There was considerable lively discussion at the meeting about the direction a revitalised Heritage Group should take. The importance of good publicity was highlighted, and this will be a priority for the new committee to consider. A major topic for discussion was projects the Group could take forward – these can play a huge part in enthusing folk to get involved, and spreading the word that the Heritage Group is playing a positive and active role in recording and researching our past. The idea of some form of heritage centre was mentioned, and should the opportunity to establish something of this sort come up, our much-strengthened committee will hopefully be in a position to play an active part.
Many thanks to all who attended the meeting – your interest and support is vital!

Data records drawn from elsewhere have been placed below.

-- ===== src/Adapters/Kdb.antt =====
-- wingfoil/src/adapters/kdb/read.rs: the rows of a KDB table, and the reader that replays the slices of
-- a run. A value of q is the third-party type K, a parameter with the calls that the code makes of it.
pub mod Read
pub mod Rising
pub mod Replay
pub mod Between
pub mod Complete
pub mod ReadCached
mod Tests
use wingfoil.Time.{from_kdb_timestamp}
use wingfoil.Base.{
  ℕ, zero, suc, ◌+◌, ◌-◌, Bool, true, false, List, [], ◌∷◌, Option, none, some, ltb, ◌==◌,
  if◌then◌else◌, length, get_elem?, any,
}

-- A string as the bytes of its UTF-8 text.
abbrev pub Text : Type 0
Text = List ℕ

-- `K` with its type codes; a conversion is `none` where it fails.
pub record KApi : Type 1 where
  pub K : Type 0
  pub get_type : K → ℕ
  pub len : K → ℕ
  pub get_dictionary : K → Option K
  pub as_list : K → Option (List K)
  pub as_symbols : K → Option (List Text)
  pub table : ℕ
  pub compound_list : ℕ
  pub long_list : ℕ
  pub timestamp_list : ℕ
  pub timespan_list : ℕ
  pub float_list : ℕ
  pub symbol_list : ℕ
  pub string : ℕ
  pub int_list : ℕ
  pub date_list : ℕ
  pub time_list : ℕ
  pub short_list : ℕ
  pub bool_list : ℕ
  pub real_list : ℕ
  -- `as_vec` at a type of atoms, each made a K by the constructor of its type.
  pub as_longs : K → Option (List K)
  pub as_floats : K → Option (List K)
  pub as_symbol_atoms : K → Option (List K)
  pub as_bytes : K → Option (List K)
  pub as_ints : K → Option (List K)
  pub as_shorts : K → Option (List K)
  pub as_bools : K → Option (List K)
  pub as_reals : K → Option (List K)
  pub get_long : K → Option ℕ

pub data KdbError : Type 0 where
  invalid_operation : KdbError
  index_out_of_bounds : ℕ → ℕ → KdbError
  not_a_table : ℕ → KdbError
  no_keys no_values : KdbError
  no_conversion : KdbError

pub data Outcome (A : Type 0) : Type 0 where
  ok : A → Outcome A
  err : KdbError → Outcome A

abbrev pub ok_or : {A : Type 0} → KdbError → Option A → Outcome A
ok_or e none = err e
ok_or e (some a) = ok a

infixl 5 ◌>>=◌
abbrev pub ◌>>=◌ : {A B : Type 0} → Outcome A → (A → Outcome B) → Outcome B
ok a >>= f = f a
err e >>= f = err e

module _ (api : KApi) where
  open api use {K, get_type, len, get_dictionary, as_list, as_symbols, table}

  pub record Rows : Type 0 where
    pub columns : List K
    pub n_rows : ℕ

  pub record Row : Type 0 where
    pub columns : List K
    pub index : ℕ

  abbrev first_len : List K → ℕ
  first_len [] = 0
  first_len (c ∷ cs) = len c

  unfoldable pub from_column_list : List K → Rows
  from_column_list columns_ = record { columns = columns_; n_rows = first_len columns_ }

  unfoldable pub get_row : ℕ → Rows → Option Row
  get_row index_ rows =
      if ltb index_ rows.n_rows
      then some record { columns = rows.columns; index = index_ }
      else none

  -- What the iterator gives from a row on, for as many rows as are left.
  unfoldable pub rows_from : List K → ℕ → ℕ → List Row
  rows_from columns_ current zero = []
  rows_from columns_ current (suc left) =
      record { columns = columns_; index = current } ∷ rows_from columns_ (current + 1) left

  unfoldable pub iter : Rows → List Row
  unfolding rows_from
  iter rows = rows_from rows.columns 0 rows.n_rows

  abbrev is_one_of : ℕ → List ℕ → Bool
  is_one_of qtype qtypes = any (λ q. q == qtype) qtypes

  abbrev at_index : ℕ → K → Option (List K) → Outcome K
  at_index index_ k none = err (index_out_of_bounds index_ (len k))
  at_index index_ k (some v) = ok_or (index_out_of_bounds index_ (len k)) (get_elem? v index_)

  unfoldable pub element_at : K → ℕ → Outcome K
  element_at k index_ =
      let qtype = get_type k in
      if is_one_of qtype (api.long_list ∷ api.timestamp_list ∷ api.timespan_list ∷ [])
      then at_index index_ k (api.as_longs k)
      else if qtype == api.float_list
      then at_index index_ k (api.as_floats k)
      else if qtype == api.symbol_list
      then at_index index_ k (api.as_symbol_atoms k)
      else if qtype == api.string
      then at_index index_ k (api.as_bytes k)
      else if is_one_of qtype (api.int_list ∷ api.date_list ∷ api.time_list ∷ [])
      then at_index index_ k (api.as_ints k)
      else if qtype == api.short_list
      then at_index index_ k (api.as_shorts k)
      else if qtype == api.bool_list
      then at_index index_ k (api.as_bools k)
      else if qtype == api.real_list
      then at_index index_ k (api.as_reals k)
      else if qtype == api.compound_list
      then at_index index_ k (as_list k)
      else err invalid_operation

  unfoldable pub get : ℕ → Row → Outcome K
  unfolding element_at
  get col row = do
    column ← ok_or (index_out_of_bounds col (length row.columns)) (get_elem? row.columns col)
    element_at column row.index

  -- The time of a column of timestamps.
  unfoldable pub get_timestamp : ℕ → Row → Outcome ℕ
  unfolding get from_kdb_timestamp
  get_timestamp col row = do
    k ← get col row
    nanos ← ok_or no_conversion (api.get_long k)
    ok (from_kdb_timestamp nanos)

  -- The two parts of a table, its names and its columns.
  unfoldable pub dict_parts : K → Outcome (List K)
  dict_parts k = do
    dict ← ok_or no_conversion (get_dictionary k)
    ok_or no_conversion (as_list dict)

  abbrev when_table : {A : Type 0} → K → Outcome A → Outcome A
  when_table k found = if get_type k == table then found else err (not_a_table (get_type k))

  unfoldable pub column_names : K → Outcome (List Text)
  unfolding dict_parts
  column_names k = when_table k (do
    parts ← dict_parts k
    keys ← ok_or no_keys (get_elem? parts 0)
    ok_or no_conversion (as_symbols keys))

  unfoldable pub rows : K → Outcome Rows
  unfolding from_column_list dict_parts
  rows k = when_table k (do
    parts ← dict_parts k
    values ← ok_or no_values (get_elem? parts 1)
    columns ← ok_or no_conversion (as_list values)
    ok (from_column_list columns))

  -- A table, or the list of columns that a plain tickerplant publishes.
  unfoldable pub upd_payload_rows : K → Outcome Rows
  unfolding rows from_column_list
  upd_payload_rows k =
      if get_type k == table
      then rows k
      else (ok_or no_conversion (as_list k) >>= λ columns. ok (from_column_list columns))
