-- ===== src/Adapters/Slices.antt =====
-- wingfoil/src/adapters/common.rs: the time window of a replay, its filter, and the slices of the run
-- that time-partitioned readers ask for. An i64 is its bit pattern, as in Time.
pub mod Shift
pub mod Day
pub mod Whole
mod Tests
use wingfoil.Base.{
  ℕ, zero, suc, ◌+◌, ◌-◌, ◌*◌, ◌/◌, ◌%◌, max, min, Bool, true, false, ◌&&◌, List, [], ◌∷◌, ◌++◌,
  Option, none, some, ltb, leb, ◌==◌, if◌then◌else◌, u64_mod, u32_mod,
}
use wingfoil.Time.{from_kdb_timestamp, to_kdb_timestamp, Duration, nanos_per_second}

-- The half-open window from `lo` to `hi`.
pub record TimeWindow : Type 0 where
  pub lo : ℕ
  pub hi : ℕ

unfoldable pub clamp : ℕ → ℕ → ℕ → ℕ → TimeWindow
clamp t0 t1 start end_ = record { lo = max t0 start; hi = min t1 end_ }

unfoldable pub contains : TimeWindow → ℕ → Bool
contains w time = leb w.lo time && ltb time w.hi

pub record WindowFilter : Type 0 where
  pub window : TimeWindow
  pub dropped : ℕ

abbrev pub new_filter : TimeWindow → WindowFilter
new_filter w = record { window = w; dropped = 0 }

unfoldable pub keep : ℕ → WindowFilter → Bool × WindowFilter
unfolding contains
keep time f =
    if contains f.window time
    then (true, f)
    else (false, record f { dropped = (f.dropped + 1) % u64_mod })

-- 2 ^ 63: a bit pattern from here on stands for a negative number.
abbrev pub sign : ℕ
sign = 9223372036854775808

abbrev pub day_nanos : ℕ
day_nanos = 86400000000000

-- `a <= b` on i64.
unfoldable pub leb_i64 : ℕ → ℕ → Bool
leb_i64 a b = leb ((a + sign) % u64_mod) ((b + sign) % u64_mod)

abbrev pub sub_i64 : ℕ → ℕ → ℕ
sub_i64 a b = (a + (u64_mod - b)) % u64_mod

-- `div_euclid` by a positive number, which rounds down.
unfoldable pub div_euclid : ℕ → ℕ → ℕ
div_euclid a d = if ltb a sign then a / d else u64_mod - 1 - (u64_mod - 1 - a) / d

abbrev magnitude : ℕ → ℕ
magnitude a = if ltb a sign then a else u64_mod - a

-- `/`, which rounds towards zero; the divisor is not zero.
unfoldable pub div_i64 : ℕ → ℕ → ℕ
div_i64 a b =
    let q = magnitude a / magnitude b in
    if ltb a sign
    then (if ltb b sign then q else (u64_mod - q) % u64_mod)
    else (if ltb b sign then (u64_mod - q) % u64_mod else q % u64_mod)

-- `min` on i64.
unfoldable pub min_i64 : ℕ → ℕ → ℕ
unfolding leb_i64
min_i64 a b = if leb_i64 a b then a else b

-- A slice, as times of the graph, with the day since 2000 as an i32 and its number in the day.
pub record Slice : Type 0 where
  pub t0 : ℕ
  pub t1 : ℕ
  pub kdb_date : ℕ
  pub iteration : ℕ

-- What the loop of a day reads: the day, the last day and the end of the run, and the period.
pub record Plan : Type 0 where
  pub end_day : ℕ
  pub end_kdb : ℕ
  pub period_nanos : ℕ

-- The slices of a round, and whether there is a further one.
pub data Round : Type 0 where
  past_end : Round
  final_slice : Slice → Round
  slice_and_on : Slice → Round

-- The round with the bounds that it computes.
unfoldable pub round_from : Plan → ℕ → ℕ → ℕ → ℕ → ℕ → Round
unfolding leb_i64 min_i64
round_from p day iteration next_midnight_kdb t0 natural_t1 =
    let slice : Slice = record {
      t0 = from_kdb_timestamp t0;
      t1 = from_kdb_timestamp (min_i64 natural_t1 next_midnight_kdb);
      kdb_date = day % u32_mod;
      iteration = iteration;
    } in
    if day == p.end_day && leb_i64 p.end_kdb t0
    then past_end
    else if leb_i64 next_midnight_kdb natural_t1
    then final_slice slice
    else slice_and_on slice

unfoldable pub slice_round : Plan → ℕ → ℕ → Round
unfolding round_from
slice_round p day iteration =
    let midnight_kdb = day * day_nanos % u64_mod in
    let next_midnight_kdb = (midnight_kdb + day_nanos) % u64_mod in
    let t0 = (midnight_kdb + iteration * p.period_nanos) % u64_mod in
    round_from p day iteration next_midnight_kdb t0 ((t0 + p.period_nanos) % u64_mod)

abbrev pub cons_all : List Slice → Option (List Slice) → Option (List Slice)
cons_all front none = none
cons_all front (some slices) = some (front ++ slices)

-- The rounds of a day. `none`: the fuel ran out.
unfoldable pub day_slices : ℕ → Plan → ℕ → ℕ → Option (List Slice)
unfolding slice_round
day_slices zero p day iteration = none
day_slices (suc fuel) p day iteration = elim (slice_round p day iteration) [
  | past_end ↦ some []
  | final_slice s ↦ some (s ∷ [])
  | slice_and_on s ↦ cons_all (s ∷ []) (day_slices fuel p day ((iteration + 1) % u64_mod))
]

-- A day has at most as many rounds as nanoseconds.
abbrev pub day_fuel : ℕ
day_fuel = suc day_nanos

abbrev pub joined_days : Option (List Slice) → Option (List Slice) → Option (List Slice)
joined_days none rest = none
joined_days (some slices) rest = cons_all slices rest

-- The days after the first, given how many are left.
unfoldable pub later_days : ℕ → Plan → ℕ → Option (List Slice)
later_days zero p day = some []
later_days (suc left) p day =
    joined_days (day_slices day_fuel p day 0) (later_days left p ((day + 1) % u64_mod))

-- The loop over the days; without a result where the period, cut to 64 bits, is zero and the division
-- panics.
unfoldable pub slices_from : Plan → ℕ → ℕ → Option (List Slice)
slices_from p start_kdb start_day =
    let first = div_i64 (sub_i64 start_kdb (start_day * day_nanos % u64_mod)) p.period_nanos in
    if leb_i64 start_day p.end_day
    then (if p.period_nanos == 0
        then none
        else joined_days (day_slices day_fuel p start_day first)
            (later_days (sub_i64 p.end_day start_day) p ((start_day + 1) % u64_mod)))
    else some []

-- `as_nanos() as i64`
abbrev pub period_nanos_of : Duration → ℕ
period_nanos_of period = (period.secs * nanos_per_second + period.nanos) % u64_mod

abbrev pub plan_of : ℕ → ℕ → Plan
plan_of end_kdb period_nanos = record {
  end_day = div_euclid (sub_i64 end_kdb 1) day_nanos;
  end_kdb = end_kdb;
  period_nanos = period_nanos;
}

unfoldable pub compute_time_slices : ℕ → ℕ → Duration → Option (List Slice)
compute_time_slices start_time end_time period =
    let start_kdb = to_kdb_timestamp start_time in
    slices_from (plan_of (to_kdb_timestamp end_time) (period_nanos_of period)) start_kdb
      (div_euclid start_kdb day_nanos)

pub data SliceError : Type 0 where
  zero_period zero_start unbounded no_end_time : SliceError

pub data Checked : Type 0 where
  refused : SliceError → Checked
  sliced : Option (List Slice) → Checked

-- `none` for the end: the run does not give one.
unfoldable pub compute_validated_time_slices : ℕ → Option ℕ → Duration → Checked
unfolding compute_time_slices
compute_validated_time_slices start_time end_time period =
    if period.secs == 0 && period.nanos == 0
    then refused zero_period
    else if start_time == 0
    then refused zero_start
    else elim end_time [
      | none ↦ refused no_end_time
      | some t ↦
          if t == u64_mod - 1
          then refused unbounded
          else sliced (compute_time_slices start_time t period)
    ]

First, the positive – in recent years, the Group has managed to put on an interesting illustrated presentation every spring and autumn, plus a summer outing. Alister Chisholm keeps adding to our superb website, which has attracted many comments of appreciation and praise. For some years he has produced excellent heritage calendars featuring old photos from South Loch Ness. The Group still has large stocks of two publications – Alan Lawson’s ‘A Country called Stratherrick’ and ‘South Loch Ness’, our own local heritage guide.
BUT… over the last few years our committee has slowly dwindled – we had four at our last meeting, and one of these is leaving. We have had no secretary for some time. Most seriously, Frank Ellam, our treasurer is leaving the area, and although the treasurer’s duties are not onerous, we can’t function without one.
In view of this situation, we are calling an open meeting in Stratherrick Hall, Gorthleck, on Monday 12th September at 7.30pm to discuss the Group’s future. Attendance at events suggests continuing interest in our Group, but we need more help with running it or closing it down may be the only option. Please do come along and offer us your help.
Alan Findlay, chair.
Louise Boreham’s presentation to us at Aldourie Castle on 22nd March was undoubtedly one of our highlight events. Before an audience of about fifty, Louise gave us a fascinating and thoroughly researched talk on the Aldourie Pottery in Dores (where the Parish Hall now stands), lavishly illustrated by the many images she has gathered over the years – and also several actual examples of Aldourie pots. She gave us much information too about the other potteries that Mary Fraser-Tytler and her artist husband GF Watts were involved in, at Compton near Guildford and Cumnock in Ayrshire – source of the clay for the potteries. It was sad that the Aldourie venture seemed to last only from 1900 to 1904 – though during that brief time Louise’s grandfather actually taught pottery classes at Aldourie, giving her the motive to find out more about this short-lived local industry.
How appropriate it was that Louise’s talk was delivered in Mary Fraser-Tytler’s childhood home of Aldourie Castle. We were delighted when Lavinia Turner, manager of the Aldourie Castle Estate, offered us the venue free! As well as comfortable seating (filled to capacity by our audience) in the great hall, tea, coffee, shortbread and biscuits were provided after the talk in a large sitting room, and both spaces were warmed by roaring fires. Indeed hospitality of the highest order – many thanks, Lavinia!
Iain Cameron, also a child of Aldourie Castle, gave an appropriate vote of thanks to both Louise and Lavinia.